La existencia del Paraíso no justifica la del Infierno: la bondad de los pocos salvados no les permitirá ser felices sabiendo eternamente que novias o hermanas o madres o amigos y también desconocidos y enemigos (prójimo que Jesús nos ordena amar y perdonar) sufren en tierras de Satanás.

Le solicitamos entonces volver al Pentateuco y tramitar la anulación del Juicio Final y de la inmortalidad.

Lo saludamos atentamente

CIHABAPAI - Club de Impíos Herejes Apóstatas Blasfemos Ateos Paganos Agnósticos e Infieles en formación)

SEGUNDA CARTA

Diciembre del 2000, Buenos Aires.
Juan Pablo II, El Vaticano,

De nuestra consideración:

En su artículo quinto, la Declaración Universal de Derechos Humanos (1948) dice: "Nadie será sometido a torturas ni a penas o tratos crueles, inhumanos o degradantes". Y el artículo primero de la Convención contra la Tortura y otros Tratos o Penas Crueles, Inhumanos o Degradantes (1984) califica como tortura todo acto por el cual se inflija intencionalmente a una persona dolores o sufrimientos graves, ya sean físicos o mentales, con el fin de obtener de ella o de un tercero, información, o una confesión, o de castigarla por un acto que haya cometido, y agrega: "Todo Estado castigará esos delitos con penas adecuadas".
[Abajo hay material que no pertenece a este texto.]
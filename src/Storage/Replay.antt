-- ===== src/Storage/Replay.antt =====
-- Queries after appends: firmware/components/storage/log_buf.c.
use companion_robot.Base.{
  ℕ, suc, ◌+◌, ◌-◌, ◌/◌, ◌%◌, ◌≤◌, ◌<◌, ◌≡◌, refl, ap, sym, subst, ◌∙◌, true, false, some, ◌==◌,
  List, [], ◌∷◌, ◌++◌, map, take, replicate, All, arith, add32,
}
use mathlib.Core.List.{append-nil, append_assoc}
use companion_robot.Base.Bytes.{Memory}
use companion_robot.Diag.LogRing.{LogEntry, first_chars, empty_entry}
use companion_robot.Storage.LogBuf.{LogBuf, log_buf_init, entry_size, append_pos, log_buf_append}
use companion_robot.Storage.Entries.{
  HoldsEntry, written, first_chars_le, written-HoldsEntry, append_result,
}
use companion_robot.Storage.Chain.{entry_len, Chain, Chain-written, written_before, written_after}
use companion_robot.Storage.Scan.{keep, query-Chain}
use companion_robot.Storage.Query.{log_buf_query}

-- A call of `log_buf_append`, at a time.
pub record LogCall : Type 0 where
  pub level : ℕ
  pub now : ℕ
  pub tag : List ℕ
  pub message : List ℕ

-- The entry that it leaves in the buffer.
abbrev pub logged : LogCall → LogEntry
logged c = record {
  level = c.level % 256;
  timestamp_ms = c.now;
  tag = first_chars 15 c.tag;
  message = first_chars 127 c.message;
}

unfoldable pub append_all : List LogCall → LogBuf → LogBuf
append_all [] b = b
append_all (c ∷ cs) b = append_all cs (log_buf_append c.level c.now c.tag c.message b)

unfoldable pub total_size : List LogCall → ℕ
total_size [] = 0
total_size (c ∷ cs) = entry_len (logged c) + total_size cs

-- The buffer holds the entries from its start, and zeros behind them.
pub record IsLog (b : LogBuf) (es : List LogEntry) : Type 0 where
  chain : Chain b.buf 0 es b.write_pos
  rest : (j : ℕ) → b.write_pos ≤ j → b.buf j ≡ 0
  room : b.write_pos ≤ b.buf_size

-- The buffer with one more entry at its write position.
abbrev appended : LogCall → LogBuf → LogBuf
appended c b = record b {
  buf = written b.buf b.write_pos c.level c.now (first_chars 15 c.tag) (first_chars 127 c.message);
  write_pos = b.write_pos + entry_len (logged c);
  entry_count = add32 b.entry_count 1;
}

append_there :
    (b : LogBuf) (c : LogCall)
    → b.write_pos + entry_len (logged c) ≤ b.buf_size
    → append_pos b c.tag c.message ≡ b.write_pos
unfolding append_pos entry_size
append_there b c h = ground arith

append-appended :
    (b : LogBuf) (c : LogCall)
    → b.write_pos + entry_len (logged c) ≤ b.buf_size
    → log_buf_append c.level c.now c.tag c.message b ≡ appended c b
unfolding entry_size
append-appended b c h =
    append_result c.level c.now c.tag c.message b (omega arith)
    ∙ ap
        (λ (p : ℕ). record b {
          buf = written b.buf p c.level c.now (first_chars 15 c.tag) (first_chars 127 c.message);
          write_pos = p + entry_len (logged c);
          entry_count = add32 b.entry_count 1;
        })
        (append_there b c h)

low_level :
    (m : Memory) (pos level now : ℕ) (t s : List ℕ)
    → HoldsEntry m pos level now t s
    → HoldsEntry m pos (level % 256) now t s
low_level m pos level now t s h = record {
  stamped = h.stamped;
  leveled = omega (arith, h.leveled);
  tag_length = h.tag_length;
  tag_there = h.tag_there;
  msg_length = h.msg_length;
  msg_there = h.msg_there;
}

appended-IsLog :
    (b : LogBuf) (es : List LogEntry) (c : LogCall)
    → c.now < 4294967296
    → b.write_pos + entry_len (logged c) ≤ b.buf_size
    → IsLog b es
    → IsLog (appended c b) (es ++ (logged c ∷ []))
appended-IsLog b es c n r h =
    let t = first_chars 15 c.tag in
    let s = first_chars 127 c.message in
    let lt = first_chars_le 15 c.tag in
    let ls = first_chars_le 127 c.message in
    let k = written b.buf b.write_pos c.level c.now t s in
    record {
      chain =
          Chain-written k b.buf es (logged c) b.write_pos
            (λ j p q. written_before b.buf b.write_pos c.level c.now t s j q) h.chain
            (low_level k b.write_pos c.level c.now t s
              (written-HoldsEntry b.buf b.write_pos c.level c.now t s n lt ls))
            (record { tag_fits = lt; msg_fits = ls }) (omega arith);
      rest = λ j p.
          written_after b.buf b.write_pos c.level c.now t s j p ∙ h.rest j (omega (arith, p));
      room = r;
    }

nonzero : (n : ℕ) → 0 < n → (n == 0) ≡ false
nonzero n h = ground arith

init-IsLog :
    (size : ℕ) (b : LogBuf)
    → 0 < size
    → IsLog (log_buf_init size true b) []
      × ((log_buf_init size true b).buf_size ≡ size)
      × ((log_buf_init size true b).write_pos ≡ 0)
unfolding log_buf_init
init-IsLog size b h =
    rw (nonzero size h)
      (record { chain = refl; rest = λ j p. refl; room = omega arith }, refl, refl)

-- The times of the calls are in the range of their C type.
abbrev pub InTime : LogCall → Type 0
InTime c = c.now < 4294967296

-- The buffer `b'` after calls on `b`, which held the entries `es`.
abbrev IsAfter : LogBuf → List LogEntry → List LogCall → LogBuf → Type 0
IsAfter b es cs b' =
    IsLog b' (es ++ map logged cs)
    × (b'.write_pos ≡ b.write_pos + total_size cs)
    × (b'.buf_size ≡ b.buf_size)

append_all-IsAfter :
    (cs : List LogCall) (b : LogBuf) (es : List LogEntry)
    → All InTime cs
    → b.write_pos + total_size cs ≤ b.buf_size
    → IsLog b es
    → IsAfter b es cs (append_all cs b)
unfolding append_all total_size
append_all-IsAfter [] b es t r h = (subst (IsLog b) (sym (append-nil es)) h, omega arith, refl)
append_all-IsAfter (c ∷ cs) b es (t, ts) r h =
    let step = append-appended b c (omega arith) in
    let rest =
      append_all-IsAfter cs (appended c b) (es ++ (logged c ∷ [])) ts (omega arith)
        (appended-IsLog b es c t (omega arith) h) in
    subst (IsAfter b es (c ∷ cs)) (sym (ap (append_all cs) step)) (
      subst (IsLog (append_all cs (appended c b))) (append_assoc es (logged c ∷ []) (map logged cs))
          rest.0,
      omega (arith, rest.1),
      rest.2,
    )

query-IsLog :
    (b : LogBuf) (es : List LogEntry) (level limit : ℕ)
    → 0 < b.buf_size
    → 0 < limit
    → IsLog b es
    → log_buf_query level limit b
      ≡ some (take limit (keep level es ++ replicate ((b.buf_size - b.write_pos) / 8) empty_entry))
unfolding log_buf_query
query-IsLog b es level limit p q h =
    simp (nonzero b.buf_size p, nonzero limit q)
      (query-Chain es (suc (b.buf_size / 8 + 1)) b.buf b.buf_size level limit 0 b.write_pos []
        h.chain h.rest (omega arith) h.room (omega arith))

-- A query after any appends to a new buffer that fit into it, at times in the range of their C
-- type. It returns the entries of the level asked for or below in the order of the calls, each with
-- its tag and message cut to 15 and 127 characters, and behind them, up to the limit, one blank
-- entry of level 0 for each eight bytes of the buffer that were never written.
pub query_after_appends :
    (cs : List LogCall) (size level limit : ℕ) (b : LogBuf)
    → All InTime cs
    → 0 < size
    → total_size cs ≤ size
    → 0 < limit
    → log_buf_query level limit (append_all cs (log_buf_init size true b))
      ≡ some (
          take limit
            (keep level (map logged cs) ++ replicate ((size - total_size cs) / 8) empty_entry))
query_after_appends cs size level limit b t p r q =
    let start = init-IsLog size b p in
    let (h, w, s) =
      append_all-IsAfter cs (log_buf_init size true b) [] t (omega (arith, start.1, start.2))
        start.0 in
    query-IsLog (append_all cs (log_buf_init size true b)) (map logged cs) level limit
      (omega (arith, s, start.1)) q h
    ∙ ap
        (λ (n : ℕ). some (take limit (keep level (map logged cs) ++ replicate (n / 8) empty_entry)))
        (omega (arith, s, w, start.1, start.2))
La última edición del Catecismo de la Iglesia Católica (1998) comparte la condena: "La tortura, que usa de violencia física o moral para arrancar confesiones, para castigar a los culpables, intimidar a los que se oponen, satisfacer el odio, es contraria al respeto y a la dignidad humana" (n. 2297). Sin embargo, el mismo Catecismo admite los suplicios: "La enseñanza de la Iglesia afirma la existencia del infierno y su eternidad. Las almas de los que mueren en estado de pecado mortal descienden a los infiernos inmediatamente después de la muerte y allí sufren las penas del infierno, el fuego eterno" (n. 1035).

Al sufrimiento de las almas, el Catecismo suma el de los cuerpos: la resurrección de todos los muertos, "de los justos y de los pecadores" (Hechos 24, 15), que precederá al Juicio Final, "será la hora en que todos los que estén en los sepulcros oirán su voz y los que hayan hecho bien, resucitarán para la vida, y los que hayan hecho el mal, para la condenación" (Juan 5, 28-29)... "e irán éstos a un castigo eterno y los justos a una vida eterna" (Mateo 25, 31.32.46) (n. 1038).

Se materialice o no el sufrimiento anunciado por Jesús, y corresponda o no juzgarlo con nuestras leyes, el miedo de los creyentes al futuro suplicio es ya un suplicio: un sufrimiento mental que nuestras leyes y el Catecismo prohíben.

Frente a estas convicciones de la Iglesia, que rechaza la tortura en vida y la admite en almas de muertos y cuerpos de resucitados, y alarmados por la declaración vaticana de que el infierno existe, es eterno y está lleno de malvados, le solicitamos:

a) que extienda al más allá el repudio a la tortura proclamado en el Catecismo;

b) que gestione se respeten los derechos humanos de la multitud de almas que están sufriendo, algunos desde el Gólgota, en tierras de Satanás.

c) Terminar con padecimientos de millones, desalojar y demoler el infierno, tranquilizar a los creyentes, puede hacer realidad su esperanza de que la Iglesia pasará a la historia como la defensora del hombre.

Lo saluda muy atentamente,

CIHABAPAI - Club de Impíos Herejes Apóstatas Blasfemos Ateos Paganos Agnósticos e Infieles en formación

1. O CIHABAPAI, sempre em formação, foi fundado por León Ferrari.
2. Em janeiro de 2014, divulgou-se uma suposta mensagem do papa Francisco sobre o Inferno: "(...) A Igreja já não crê em um Inferno literal, onde as pessoas sofrem. Essa doutrina é incompatível com o amor infinito de Deus. Deus não é um juiz, mas um amigo e um amante da humanidade. Deus busca não para condenar, mas para abraçar. Assim como na fábula de Adão e Eva, vemos o Inferno como um recurso literário. O Inferno não passa de uma metáfora da alma isolada, que assim como todas as almas, em última instância, está unida em amor com Deus". A veracidade dessas declarações permanece em dúvida, entretanto, essa mensagem foi desmentida por fontes do próprio Vaticano.